YES

We show the termination of the TRS R:

  |:|(|:|(x,y),z) -> |:|(x,|:|(y,z))
  |:|(+(x,y),z) -> +(|:|(x,z),|:|(y,z))
  |:|(z,+(x,f(y))) -> |:|(g(z,y),+(x,a()))

-- SCC decomposition.

Consider the dependency pair problem (P, R), where P consists of

p1: |:|#(|:|(x,y),z) -> |:|#(x,|:|(y,z))
p2: |:|#(|:|(x,y),z) -> |:|#(y,z)
p3: |:|#(+(x,y),z) -> |:|#(x,z)
p4: |:|#(+(x,y),z) -> |:|#(y,z)
p5: |:|#(z,+(x,f(y))) -> |:|#(g(z,y),+(x,a()))

and R consists of:

r1: |:|(|:|(x,y),z) -> |:|(x,|:|(y,z))
r2: |:|(+(x,y),z) -> +(|:|(x,z),|:|(y,z))
r3: |:|(z,+(x,f(y))) -> |:|(g(z,y),+(x,a()))

The estimated dependency graph contains the following SCCs:

  {p1, p2, p3, p4}


-- Reduction pair.

Consider the dependency pair problem (P, R), where P consists of

p1: |:|#(|:|(x,y),z) -> |:|#(x,|:|(y,z))
p2: |:|#(+(x,y),z) -> |:|#(y,z)
p3: |:|#(+(x,y),z) -> |:|#(x,z)
p4: |:|#(|:|(x,y),z) -> |:|#(y,z)

and R consists of:

r1: |:|(|:|(x,y),z) -> |:|(x,|:|(y,z))
r2: |:|(+(x,y),z) -> +(|:|(x,z),|:|(y,z))
r3: |:|(z,+(x,f(y))) -> |:|(g(z,y),+(x,a()))

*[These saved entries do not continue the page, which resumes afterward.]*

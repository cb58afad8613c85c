-- ===== src/Managers/StreamManager.antt =====
-- StreamManager of stream.go.
use synap_sdk_go.Prelude.{ℕ, Bool, List, ℤ}
use synap_sdk_go.Bytes.{Bytes, codes}
use synap_sdk_go.Payload.{Reflected, Fields, no_fields, integer, unsigned}
use synap_sdk_go.Response.Shapes.{Shape, El}
use synap_sdk_go.Client.Calls.{Call, ◌>>=◌, pure}
use synap_sdk_go.Client.Http.{World, Client}
use package.synap_sdk_go.Managers.Types.{event_shape, stream_stats_shape}
use package.synap_sdk_go.Managers.{ask, tell, one, optional, positive, with_field, with_text}

-- The fields of the payload of Create and GetOrCreate.
abbrev room_payload : Bytes → ℤ → Fields
room_payload room max_events =
    with_text "room" room (optional "max_events" (positive max_events) no_fields)

module _ {S : Type 0} (w : World S) (c : Client) where
  unfoldable pub stream_create : (room : Bytes) (max_events : ℤ) → Call S Unit
  unfolding tell
  stream_create room max_events = tell w c "stream.create" (room_payload room max_events)

  unfoldable pub stream_get_or_create : (room : Bytes) (max_events : ℤ) → Call S Bool
  unfolding ask
  stream_get_or_create room max_events = do
    result ←
        ask w c "stream.get_or_create" (room_payload room max_events) (one "created" Shape.bool)
    pure result.0

  -- `payload` is what reflection sees of the interface{} that is published.
  unfoldable pub stream_publish : (room event : Bytes) (payload : Reflected) → Call S ℕ
  unfolding ask
  stream_publish room event payload = do
    result ←
        ask w c "stream.publish"
          (with_text "room" room (with_text "event" event (with_field "data" payload no_fields)))
          (one "offset" (Shape.uint 64))
    pure result.0

  unfoldable pub stream_consume :
      (room : Bytes) (offset : ℕ) (limit : ℤ) → Call S (List (El event_shape))
  unfolding ask
  stream_consume room offset limit = do
    result ←
        ask w c "stream.consume"
          (with_text "room" room (
            with_text "subscriber_id" (codes "sdk-default") (
              with_field "from_offset" (unsigned offset)
                (with_field "limit" (integer limit) no_fields))))
          (one "events" (Shape.slice event_shape))
    pure result.0

  unfoldable pub stream_stats : Bytes → Call S (El stream_stats_shape)
  unfolding ask
  stream_stats room = ask w c "stream.stats" (with_text "room" room no_fields) stream_stats_shape

  unfoldable pub stream_list : Call S (List Bytes)
  unfolding ask
  stream_list = do
    result ← ask w c "stream.list" no_fields (one "rooms" (Shape.slice Shape.string))
    pure result.0

  unfoldable pub stream_delete : Bytes → Call S Unit
  unfolding tell
  stream_delete room = tell w c "stream.delete" (with_text "room" room no_fields)
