-- ===== src/Managers/Stream.antt =====
-- StreamManager over SynapRPC, on a server that keeps the log of a room.
pub mod Refinement
use synap_sdk_go.Prelude.{◌≡◌, ◌<◌, ◌≤◌, ◌^◌, ℕ, pos, List, [], ◌∷◌, ◌++◌, take, drop, length}
use synap_sdk_go.Bytes.{Bytes, codes}
use synap_sdk_go.Value.{Value, str, int, int64}
use synap_sdk_go.Payload.{string}
use synap_sdk_go.Resp3.Outcome.{value}
use synap_sdk_go.Response.Shapes.{Shape, El}
use synap_sdk_go.Response.Assign.RoundTrip.{value_of, Fits}
use synap_sdk_go.Client.Calls.{Call, ◌>>=◌, pure}
use synap_sdk_go.Client.Runs.{returned_by, updated_by, run_each}
use synap_sdk_go.Client.Http.{World, Client}
use package.synap_sdk_go.Managers.Types.{event_shape}
use package.synap_sdk_go.Managers.StreamManager.{stream_publish, stream_consume}

-- An offset, a type, the data and perhaps a time.
abbrev pub Event : Type 0
Event = El event_shape

abbrev pub data_of : Event → Value
data_of e = e.1.1.0

-- The calls of a program on one room; what it publishes are texts.
pub data Operation : Type 0 where
  publish : (event text : Bytes) → Operation
  read : (offset limit : ℕ) → Operation

-- What a call returns.
pub data Returned : Type 0 where
  at_offset : ℕ → Returned
  events : List Event → Returned

-- The promise: a log, the oldest event first. `mint` is what the server makes of the n-th event.
module _ (mint : ℕ → Bytes → Bytes → Event) where
  unfoldable pub returns : Operation → List Event → Returned
  returns (publish event text) log = at_offset (length log)
  returns (read offset limit) log = events (take limit (drop offset log))

  unfoldable pub updates : Operation → List Event → List Event
  updates (publish event text) log = log ++ mint (length log) event text ∷ []
  updates (read offset limit) log = log

  unfoldable pub returns_all : List Operation → List Event → List Returned
  unfolding returned_by returns updates
  returns_all os log = returned_by returns updates os log

  unfoldable pub updates_all : List Operation → List Event → List Event
  unfolding updated_by updates
  updates_all os log = updated_by updates os log

unfoldable pub sent_texts : List Operation → List Value
sent_texts [] = []
sent_texts (publish event text ∷ os) = str text ∷ sent_texts os
sent_texts (read offset limit ∷ os) = sent_texts os

-- The calls of the SDK.
module _ {S : Type 0} (w : World S) (c : Client) (room : Bytes) where
  unfoldable pub run : Operation → Call S Returned
  unfolding stream_publish stream_consume
  run (publish event text) = do
    offset ← stream_publish w c room event (string text)
    pure (at_offset offset)
  run (read offset limit) = do es ← stream_consume w c room offset (pos limit); pure (events es)

  unfoldable pub run_all : List Operation → Call S (List Returned)
  unfolding run_each run
  run_all os = run_each run os

-- Documented of the server: SPUBLISH puts an event with the given text behind the log of the room and
-- answers its offset, which counts from 0, and SREAD answers the fields of at most so many events from
-- an offset on. Offsets and limits are int64, which bounds the log, and what is in it fits the types of
-- the fields.
pub record KeepsLog {S : Type 0} (rpc : Bytes → List Value → Call S Value) (room : Bytes)
    (mint : ℕ → Bytes → Bytes → Event) (log : S → List Event) : Type 0 where
  pub text_kept : (n : ℕ) (event text : Bytes) → data_of (mint n event text) ≡ str text
  pub fits : (s : S) → length (log s) ≤ 2 ^ 63 → Fits (Shape.slice event_shape) (log s)
  pub on_publish :
      (event text : Bytes) (s : S)
      → length (log s) < 2 ^ 63
      → (u : S) × (rpc (codes "SPUBLISH") (str room ∷ str event ∷ str text ∷ []) s
          ≡ (value (int64 (pos (length (log s)))), u))
        × (log u ≡ log s ++ mint (length (log s)) event text ∷ [])
  pub on_read :
      (offset limit : ℕ) (s : S)
      → offset < 2 ^ 63
      → limit < 2 ^ 63
      → length (log s) ≤ 2 ^ 63
      → (u : S) × (rpc
            (codes "SREAD")
            (str room ∷ str (codes "sdk-default") ∷ int (pos offset) ∷ int (pos limit) ∷ [])
            s
          ≡ (value (value_of (Shape.slice event_shape) (take limit (drop offset (log s)))), u))
        × (log u ≡ log s)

The set of usable rules consists of

  r1, r2, r3

Take the reduction pair:

  lexicographic combination of reduction pairs:
  
    1. lexicographic path order with precedence:
    
      precedence:
      
        f > a > |:| > g > + > |:|#
      
      argument filter:
    
        pi(|:|#) = [1]
        pi(|:|) = [1, 2]
        pi(+) = [1, 2]
        pi(f) = [1]
        pi(g) = 1
        pi(a) = []
    
    2. matrix interpretations:
    
      carrier: N^3
      order: lexicographic order
      interpretations:
        |:|#_A(x1,x2) = ((0,0,0),(1,0,0),(1,1,0)) x1
        |:|_A(x1,x2) = ((1,0,0),(0,1,0),(1,1,1)) x1 + x2 + (1,2,1)
        +_A(x1,x2) = ((1,0,0),(1,1,0),(1,1,1)) x1 + x2 + (1,1,1)
        f_A(x1) = ((1,0,0),(1,1,0),(0,0,0)) x1 + (3,3,1)
        g_A(x1,x2) = ((1,0,0),(1,0,0),(1,1,0)) x1 + (1,1,1)
        a_A() = (1,1,1)
    

The next rules are strictly ordered:

  p1, p2, p3, p4

We remove them from the problem.  Then no dependency pair remains.